Collected data:
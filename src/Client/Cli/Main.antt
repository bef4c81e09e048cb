-- ===== src/Client/Cli/Main.antt =====
-- The commands of src/bin/client.rs, and `main`.
use rdrive.Base.{not, Option, none, some, Bytes, if◌then◌else◌}
use rdrive.Fault.{disk_failed, bad_path, exited}
use rdrive.Run.{Run, ◌>>=◌, ◌>>◌, pure, gets, panics, fail_if, or_fail}
use rdrive.Crypto.{Primitives}
use rdrive.Disk.{FilePath, exists}
use rdrive.Header.{Codec}
use rdrive.Catalog.{Catalog, read_or_create, update_on_push, update_on_pull}
use rdrive.Server.{Site}
use rdrive.Client.{Profile, Client, on_disk}
use rdrive.Client.Commands.{file_name, upload_client, download_client, get_server_status}
use rdrive.Client.Perf.Dialing.{Conditions, client_echo_perf}
use rdrive.Client.Cli.{
  ClientCommand, key, perf, push, pull, backup, status, ls, serve, listen, Session, catalog_path,
  with_key, key_command, load_signing_key, prompt, choose_id, require_keys, refuse_half,
  by_protocol, given,
}

module _ (P : Primitives) (C : Site) (U : Profile) (J : Codec Catalog) (u : Session) where
  unfoldable pub open_catalog : Run Client Catalog
  open_catalog = do
    found ← on_disk (read_or_create J (catalog_path P C U) U.user_key_dir)
    or_fail found disk_failed

  unfoldable pub push_command : FilePath → Bytes → Option Bytes → Run Client (Unit {0})
  push_command file protocol file_key = do
    require_keys P C U
    signing_key ← load_signing_key P C U
    disk ← gets (λ s. s.disk)
    fail_if (not (exists file disk)) exited
    secret ← given P C U file_key u.typed_key
    name ← or_fail (file_name P C U file) bad_path
    catalog ← open_catalog
    file_id ← choose_id P C U u catalog name
    by_protocol P C U protocol
        (upload_client P C (with_key P C U signing_key) file secret file_id >>= λ _. pure tt)
    saved ← on_disk (λ d.
        let (done, _, d') =
          update_on_push J (catalog_path P C U) u.timestamp name file_id (catalog, d) in
        (done, d'))
    fail_if (not saved) disk_failed

  -- `if catalog_path.exists()`
  unfoldable pub note_pull : Bytes → Run Client (Unit {0})
  note_pull file_id = do
    disk ← gets (λ s. s.disk)
    if not (exists (catalog_path P C U) disk) then pure tt else (do
      catalog ← open_catalog
      saved ← on_disk (λ d.
          let (done, _, d') =
            update_on_pull J (catalog_path P C U) u.timestamp file_id (catalog, d) in
          (done, d'))
      fail_if (not saved) disk_failed)

  -- Both the id and the key are given, or both are asked for.
  unfoldable pub wanted : Option Bytes → Option Bytes → Run Client (Bytes × Bytes)
  wanted (some id) (some secret) = pure (id, secret)
  wanted _ _ = do id ← prompt P C U u.typed_id; secret ← prompt P C U u.typed_key; pure (id, secret)

  unfoldable pub pull_command :
      FilePath → Bytes → Option Bytes → Option Bytes → Run Client (Unit {0})
  pull_command dir protocol file_id file_key = do
    refuse_half P C U
    signing_key ← load_signing_key P C U
    file ← wanted file_id file_key
    by_protocol P C U protocol (do
      _ ← download_client P C (with_key P C U signing_key) dir file.0 file.1
      note_pull file.0)

  unfoldable pub status_command : Bytes → Run Client (Unit {0})
  status_command protocol = do
    refuse_half P C U
    signing_key ← load_signing_key P C U
    by_protocol P C U protocol (get_server_status P C (with_key P C U signing_key) >>= λ _. pure tt)

  -- The sample's duration shows in how the lists of the conditions end; the number of workers is not used.
  unfoldable pub perf_command : Conditions → Run Client (Unit {0})
  perf_command conditions = do
    require_keys P C U
    signing_key ← load_signing_key P C U
    client_echo_perf P C (with_key P C U signing_key) conditions >>= λ _. pure tt

  -- `main`
  unfoldable pub run_command : Conditions → ClientCommand → Run Client (Unit {0})
  run_command conditions (key _ auth rot) = key_command P C U auth rot
  run_command conditions (perf _ n sample) = perf_command conditions
  run_command conditions (push file _ protocol file_key) = push_command file protocol file_key
  run_command conditions (pull dir _ protocol file_id file_key) =
      pull_command (elim dir [ none ↦ u.current_dir | some d ↦ d ]) protocol file_id file_key
  run_command conditions (backup _ _ _) = panics
  run_command conditions (status _ protocol) = status_command protocol
  run_command conditions ls = open_catalog >>= λ _. pure tt
  run_command conditions (serve _ _) = panics
  run_command conditions (listen _ _ _) = panics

**WHAT YOU HAVE TO DO**
Your answer should consist only of the lines above between the line holding "if not (exists" and the line holding "dir file.0 file.1", inclusive, each transcribed exactly.

**RESULT**
    if not (exists (catalog_path P C U) disk) then pure tt else (do
      catalog ← open_catalog
      saved ← on_disk (λ d.
          let (done, _, d') =
            update_on_pull J (catalog_path P C U) u.timestamp file_id (catalog, d) in
          (done, d'))
      fail_if (not saved) disk_failed)

  -- Both the id and the key are given, or both are asked for.
  unfoldable pub wanted : Option Bytes → Option Bytes → Run Client (Bytes × Bytes)
  wanted (some id) (some secret) = pure (id, secret)
  wanted _ _ = do id ← prompt P C U u.typed_id; secret ← prompt P C U u.typed_key; pure (id, secret)

  unfoldable pub pull_command :
      FilePath → Bytes → Option Bytes → Option Bytes → Run Client (Unit {0})
  pull_command dir protocol file_id file_key = do
    refuse_half P C U
    signing_key ← load_signing_key P C U
    file ← wanted file_id file_key
    by_protocol P C U protocol (do
      _ ← download_client P C (with_key P C U signing_key) dir file.0 file.1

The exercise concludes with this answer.